*Exercise instructions*:
Where the records below reach the line containing "word_bytes w.a", start transcribing, and end with the line containing "unfolding last_words hex_words", exactly and with nothing else added.

(Collected data)
========================================

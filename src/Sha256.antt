-- ===== src/Sha256.antt =====
-- The hash of src/common/include/dfg/sha256.hpp. A 32-bit word is a number below 2 ^ 32 and every sum
-- wraps there; the length in bits wraps at 2 ^ 64. Of the array `data_` only the first `datalen_` bytes
-- are ever read, and these are `buffer`.
pub mod Words
pub mod Stream
pub mod Padding
pub mod Digits
pub mod Tests
use distributed_file_grid.Prelude.{
  ℕ, zero, suc, ◌+◌, ◌-◌, ◌*◌, ◌/◌, ◌%◌, ◌^◌, ◌≤◌, ◌<◌, ◌≡◌, refl, sym, ◌∙◌, ap, subst, ◌≢◌, ◌↔◌,
  ◌⊎◌, inl, inr, Bool, true, false, ◌&&◌, ◌||◌, not, List, [], ◌∷◌, ◌++◌, map, Option, none, some,
  arith, ltb, leb, ◌==◌, if◌then◌else◌, Bool-cases, Option-cases, &&-true, lt→ltb, ltb→lt, leb→le,
  ==_iff, Bool_eq_of_iff, length, take, drop, replicate, get_or, keep, count_if, any, find_if, All,
  length-append, length-take, length-drop, length-replicate, take-append-drop, All-append, All-keep,
  All-mono, count_if-append, count_if-le-length, All-keep_test, String,
}
use distributed_file_grid.Prelude.Int.{ℤ, pos, negsuc, ltb_ℤ, eqb_ℤ}
use distributed_file_grid.Prelude.Key.{
  Key, Bytes, bytes_eq, bytes_lt, bytes_eq_iff, bytes_key, ℤ_key, eqb_ℤ_iff,
}
use distributed_file_grid.Prelude.Map.{
  Map, find, insert, erase, member, find_or, keys, values, find-insert, find-erase, same_refl,
  All-insert, All-erase, All-find,
}
use distributed_file_grid.Prelude.Text.{
  str, is_space, is_digit, digits, to_string, int_to_string, skip_ws, scan_digits, read_int,
  int_limit, long_limit, stoi, stoll, find_char, starts_with, find_sub, substr, word_of, after_word,
  read_word,
}
use distributed_file_grid.Sha256.Words.{Words8, initial_words, transform, word_bytes}

pub record Sha : Type 0 where
  pub buffer : Bytes
  pub bitlen : ℕ
  pub words : Words8

-- `reset`
abbrev pub fresh : Sha
fresh = record { buffer = []; bitlen = 0; words = initial_words }

-- transform(chunk); bitlen_ += 512; datalen_ = 0
unfoldable pub block : Sha → Bytes → Sha
block s chunk = record {
  buffer = [];
  bitlen = (s.bitlen + 512) % 2 ^ 64;
  words = transform s.words chunk;
}

-- The loop over complete blocks and the bytes that remain, with nothing in the buffer. Each round
-- takes 64 bytes, so the number of bytes is fuel enough.
unfoldable pub whole_blocks : ℕ → Sha → Bytes → Sha
unfolding block
whole_blocks zero s input = record s { buffer = input }
whole_blocks (suc fuel) s input = elim (leb 64 (length input)) [
  | true ↦ whole_blocks fuel (block s (take 64 input)) (drop 64 input)
  | false ↦ record s { buffer = input }
]

unfoldable pub update : Sha → Bytes → Sha
unfolding whole_blocks
update s [] = s
update s (b ∷ bs) =
    let input = b ∷ bs in
    let to_fill = 64 - length s.buffer in
    if length s.buffer == 0
    then whole_blocks (length input) s input
    else if ltb (length input) to_fill
    then record s { buffer = s.buffer ++ input }
    else whole_blocks (length input) (block s (s.buffer ++ take to_fill input)) (drop to_fill input)

-- The bytes of the length, the highest first.
abbrev pub length_bytes : ℕ → Bytes
length_bytes n =
    n / 2 ^ 56 % 256
    ∷ n / 2 ^ 48 % 256
    ∷ n / 2 ^ 40 % 256
    ∷ n / 2 ^ 32 % 256
    ∷ n / 2 ^ 24 % 256
    ∷ n / 2 ^ 16 % 256
    ∷ n / 2 ^ 8 % 256
    ∷ n % 256
    ∷ []

abbrev pub hex_digit : ℕ → ℕ
hex_digit n = if ltb n 10 then b'0' + n else b'a' + (n - 10)

-- The bytes in two hexadecimal digits each.
unfoldable pub hex : Bytes → Bytes
hex [] = []
hex (b ∷ rest) = hex_digit (b / 16) ∷ hex_digit (b % 16) ∷ hex rest

unfoldable pub hex_words : Words8 → Bytes
unfolding hex word_bytes
hex_words w = hex (
    word_bytes w.a
    ++ (word_bytes w.b
        ++ (word_bytes w.c
            ++ (word_bytes w.d
                ++ (word_bytes w.e ++ (word_bytes w.f ++ (word_bytes w.g ++ word_bytes w.h)))))))

-- The padding and the last blocks.
unfoldable pub last_words : Sha → Words8
last_words s =
    let n = length s.buffer in
    let size = length_bytes ((s.bitlen + n * 8) % 2 ^ 64) in
    if ltb n 56
    then transform s.words (s.buffer ++ (0x80 ∷ (replicate (55 - n) 0 ++ size)))
    else transform (transform s.words (s.buffer ++ (0x80 ∷ replicate (63 - n) 0)))
        (replicate 56 0 ++ size)

unfoldable pub digest : Sha → Bytes
unfolding last_words hex_words
digest s = hex_words (last_words s)

unfoldable pub sha256 : Bytes → Bytes
unfolding update digest
sha256 input = digest (update fresh input)
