-- ===== src/ChunkService.antt =====
-- The connection handlers of `ClusterServerService` in src/cluster_server/chunk_service.cpp. A handler
-- takes the bytes that its peer sends before it closes and gives the bytes that it sends; the answers of
-- the file system, of the other cluster server and of protobuf's generated code are arguments. Two tasks
-- meet only in the storage, so a handler runs at once.
pub mod Messages
pub mod Listeners
pub mod Frames
pub mod Requests
pub mod Tests
use distributed_file_grid.Prelude.{
  ℕ, zero, suc, ◌+◌, ◌-◌, ◌*◌, ◌/◌, ◌%◌, ◌^◌, ◌≤◌, ◌<◌, ◌≡◌, refl, sym, ◌∙◌, ap, subst, ◌≢◌, ◌↔◌,
  ◌⊎◌, inl, inr, Bool, true, false, ◌&&◌, ◌||◌, not, List, [], ◌∷◌, ◌++◌, map, Option, none, some,
  arith, ltb, leb, ◌==◌, if◌then◌else◌, Bool-cases, Option-cases, &&-true, lt→ltb, ltb→lt, leb→le,
  ==_iff, Bool_eq_of_iff, length, take, drop, replicate, get_or, keep, count_if, any, find_if, All,
  length-append, length-take, length-drop, length-replicate, length-zero, take-append-drop,
  All-append, All-keep, All-mono, count_if-append, count_if-le-length, All-keep_test, String,
}
use distributed_file_grid.Prelude.Int.{ℤ, pos, negsuc, ltb_ℤ, eqb_ℤ}
use distributed_file_grid.Prelude.Key.{
  Key, Bytes, bytes_eq, bytes_lt, bytes_eq_iff, bytes_key, ℤ_key, eqb_ℤ_iff,
}
use distributed_file_grid.Prelude.Map.{
  Map, find, insert, erase, member, find_or, keys, values, find-insert, find-erase, same_refl,
  All-insert, All-erase, All-find,
}
use distributed_file_grid.Prelude.Text.{
  str, is_space, is_digit, digits, to_string, int_to_string, skip_ws, scan_digits, read_int,
  int_limit, long_limit, stoi, stoll, find_char, starts_with, find_sub, substr, word_of, after_word,
  read_word,
}
use distributed_file_grid.ChunkService.Messages.{
  ChunkData, ChunkResponse, FetchRequest, FetchChunkResponse, FetchHashResponse,
  ReplicateChunkRequest, ReplicateChunkResponse, Protobuf, htonl, ntohl, read_exact, response_frame,
  request_frame,
}
use distributed_file_grid.ChunkStorage.{
  ChunkStorage, Io, Stored, Retrieved, async_store_chunk, async_retrieve_chunk, delete_chunk,
  restart,
}
use distributed_file_grid.Metadata.{is_empty}
use distributed_file_grid.Sha256.{sha256}

-- `is_dead` is g_is_dead_process; the process exits a moment after it is set.
pub record Service : Type 0 where
  pub storage : ChunkStorage
  pub is_dead : Bool

pub record Handled : Type 0 where
  pub service : Service
  pub sent : Bytes

abbrev pub closed : Service → Bytes → Option Handled
closed s sent = some (record { service = s; sent = sent })

abbrev ok_response : Bytes
ok_response = str "OK\n"

abbrev die : Service → Option Handled
die s = closed (record s { is_dead = true }) ok_response

abbrev not_found_message : Bytes
not_found_message = str "Chunk not found on this server"

-- A peer is none where it cannot be reached, and else maps the bytes it gets to those it sends back.
module _ {F : Type 0} (pb : Protobuf F) (peer : Bytes → ℤ → Option (Bytes → Bytes)) (load : F)
    (no_load : F) (connections : ℕ) where
  abbrev answer_store : Service → Bytes → Option Stored → Option Handled
  answer_store s chunk_id none = none
  answer_store s chunk_id (some r) =
      closed (record s { storage = r.storage })
        (response_frame (
          pb.serialize_chunk_response (record {
            success = r.result.0;
            chunk_id = chunk_id;
            error_message = if r.result.0 then [] else str "Failed to store chunk on disk";
            file_path = r.result.1;
          })))

  abbrev pub handle_store : Service → Io → Option ChunkData → Option Handled
  handle_store s io none = closed s []
  handle_store s io (some req) =
      answer_store s req.chunk_id (async_store_chunk s.storage io req.chunk_id req.content)

  abbrev answer_fetch : Service → Bytes → Option Retrieved → Option Handled
  answer_fetch s chunk_id none = none
  answer_fetch s chunk_id (some r) =
      let ok = not (is_empty r.content) in
      closed (record s { storage = r.storage })
        (response_frame (
          pb.serialize_fetch_chunk (record {
            success = ok;
            chunk_id = chunk_id;
            content = r.content;
            error_message = if ok then [] else not_found_message;
          })))

  abbrev pub handle_fetch : Service → Io → Option FetchRequest → Option Handled
  handle_fetch s io none = closed s []
  handle_fetch s io (some req) =
      answer_fetch s req.chunk_id (async_retrieve_chunk s.storage io req.chunk_id req.file_path)

  abbrev answer_hash : Service → Bytes → Option Retrieved → Option Handled
  answer_hash s chunk_id none = none
  answer_hash s chunk_id (some r) =
      let ok = not (is_empty r.content) in
      closed (record s { storage = r.storage })
        (response_frame (
          pb.serialize_fetch_hash (record {
            success = ok;
            chunk_id = chunk_id;
            hash = if ok then sha256 r.content else [];
            error_message = if ok then [] else not_found_message;
            load_score = if ok then load else no_load;
            active_connections = if ok then connections else 0;
          })))

  abbrev handle_hash : Service → Io → Option FetchRequest → Option Handled
  handle_hash s io none = closed s []
  handle_hash s io (some req) =
      answer_hash s req.chunk_id (async_retrieve_chunk s.storage io req.chunk_id req.file_path)

  abbrev replicate_failed : Bytes → ReplicateChunkResponse
  replicate_failed message = record { success = false; error_message = message; file_path = [] }

  abbrev read_verdict : Bool × ChunkResponse → ReplicateChunkResponse
  read_verdict (parsed, c_resp) =
      if parsed && c_resp.success
      then record { success = true; error_message = []; file_path = c_resp.file_path }
      else replicate_failed (str "Target server rejected chunk: " ++ c_resp.error_message)

  -- recv_all of the length and of the body
  abbrev read_response : Option (Bytes × Bytes) → ReplicateChunkResponse
  read_response none = replicate_failed []
  read_response (some (size, rest)) = elim (read_exact (ntohl size) rest) [
    | none ↦ replicate_failed []
    | some (body, after) ↦ read_verdict (pb.parse_chunk_response body)
  ]

  abbrev send_copy : ReplicateChunkRequest → Bytes → Option (Bytes → Bytes) → ReplicateChunkResponse
  send_copy req content none = replicate_failed (str "Failed to connect to target cluster server")
  send_copy req content (some talk) =
      let cmsg =
        pb.serialize_chunk_data
          (record { chunk_id = req.chunk_id; filename = req.filename; content = content }) in
      read_response (read_exact 4 (talk (request_frame 1 cmsg)))

  unfoldable pub replicate_chunk : ReplicateChunkRequest → Bytes → ReplicateChunkResponse
  unfolding read_exact htonl
  replicate_chunk req content =
      let port =
        if eqb_ℤ req.target_transfer_port (pos 0) then pos 8180 else req.target_transfer_port in
      if is_empty content
      then replicate_failed (str "Chunk not found locally to replicate")
      else send_copy req content (peer req.target_server_ip port)

  abbrev answer_replicate : Service → ReplicateChunkRequest → Option Retrieved → Option Handled
  answer_replicate s req none = none
  answer_replicate s req (some r) =
      closed (record s { storage = r.storage })
        (response_frame (pb.serialize_replicate (replicate_chunk req r.content)))

  abbrev handle_replicate : Service → Io → Option ReplicateChunkRequest → Option Handled
  handle_replicate s io none = closed s []
  handle_replicate s io (some req) =
      answer_replicate s req (async_retrieve_chunk s.storage io req.chunk_id [])

  -- A message that is complete; one of another type has no answer.
  unfoldable pub dispatch : Service → Io → ℕ → Bytes → Option Handled
  unfolding replicate_chunk async_store_chunk async_retrieve_chunk sha256 htonl
  dispatch s io type buf =
      if type == 1
      then handle_store s io (pb.parse_chunk_data buf)
      else if type == 2
      then handle_fetch s io (pb.parse_fetch_chunk buf)
      else if type == 3
      then handle_hash s io (pb.parse_fetch_hash buf)
      else if type == 4
      then handle_replicate s io (pb.parse_replicate buf)
      else closed s []

  -- The body, after a length.
  abbrev with_body : Service → Io → ℕ → Option (Bytes × Bytes) → Option Handled
  with_body s io type none = closed s []
  with_body s io type (some (buf, rest)) = dispatch s io type buf

  abbrev with_length : Service → Io → ℕ → Option (Bytes × Bytes) → Option Handled
  with_length s io type none = closed s []
  with_length s io type (some (len_bytes, rest)) =
      if type == 99 then die s else with_body s io type (read_exact (ntohl len_bytes) rest)

  abbrev pub with_first : Service → Io → Option (Bytes × Bytes) → Option Handled
  with_first s io none = closed s []
  with_first s io (some (first4, rest)) =
      if bytes_eq first4 (str "DEAD") || bytes_eq first4 (str "KILL")
      then die s
      else with_length s io (ntohl first4) (read_exact 4 rest)

  unfoldable pub handle_connection : Service → Io → Bytes → Option Handled
  unfolding dispatch read_exact bytes_eq
  handle_connection s io stream = with_first s io (read_exact 4 stream)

========================================

*Output of the task*:
    word_bytes w.a
    ++ (word_bytes w.b
        ++ (word_bytes w.c
            ++ (word_bytes w.d
                ++ (word_bytes w.e ++ (word_bytes w.f ++ (word_bytes w.g ++ word_bytes w.h)))))))

-- The padding and the last blocks.
unfoldable pub last_words : Sha → Words8
last_words s =
    let n = length s.buffer in
    let size = length_bytes ((s.bitlen + n * 8) % 2 ^ 64) in
    if ltb n 56
    then transform s.words (s.buffer ++ (0x80 ∷ (replicate (55 - n) 0 ++ size)))
    else transform (transform s.words (s.buffer ++ (0x80 ∷ replicate (63 - n) 0)))
        (replicate 56 0 ++ size)

unfoldable pub digest : Sha → Bytes
unfolding last_words hex_words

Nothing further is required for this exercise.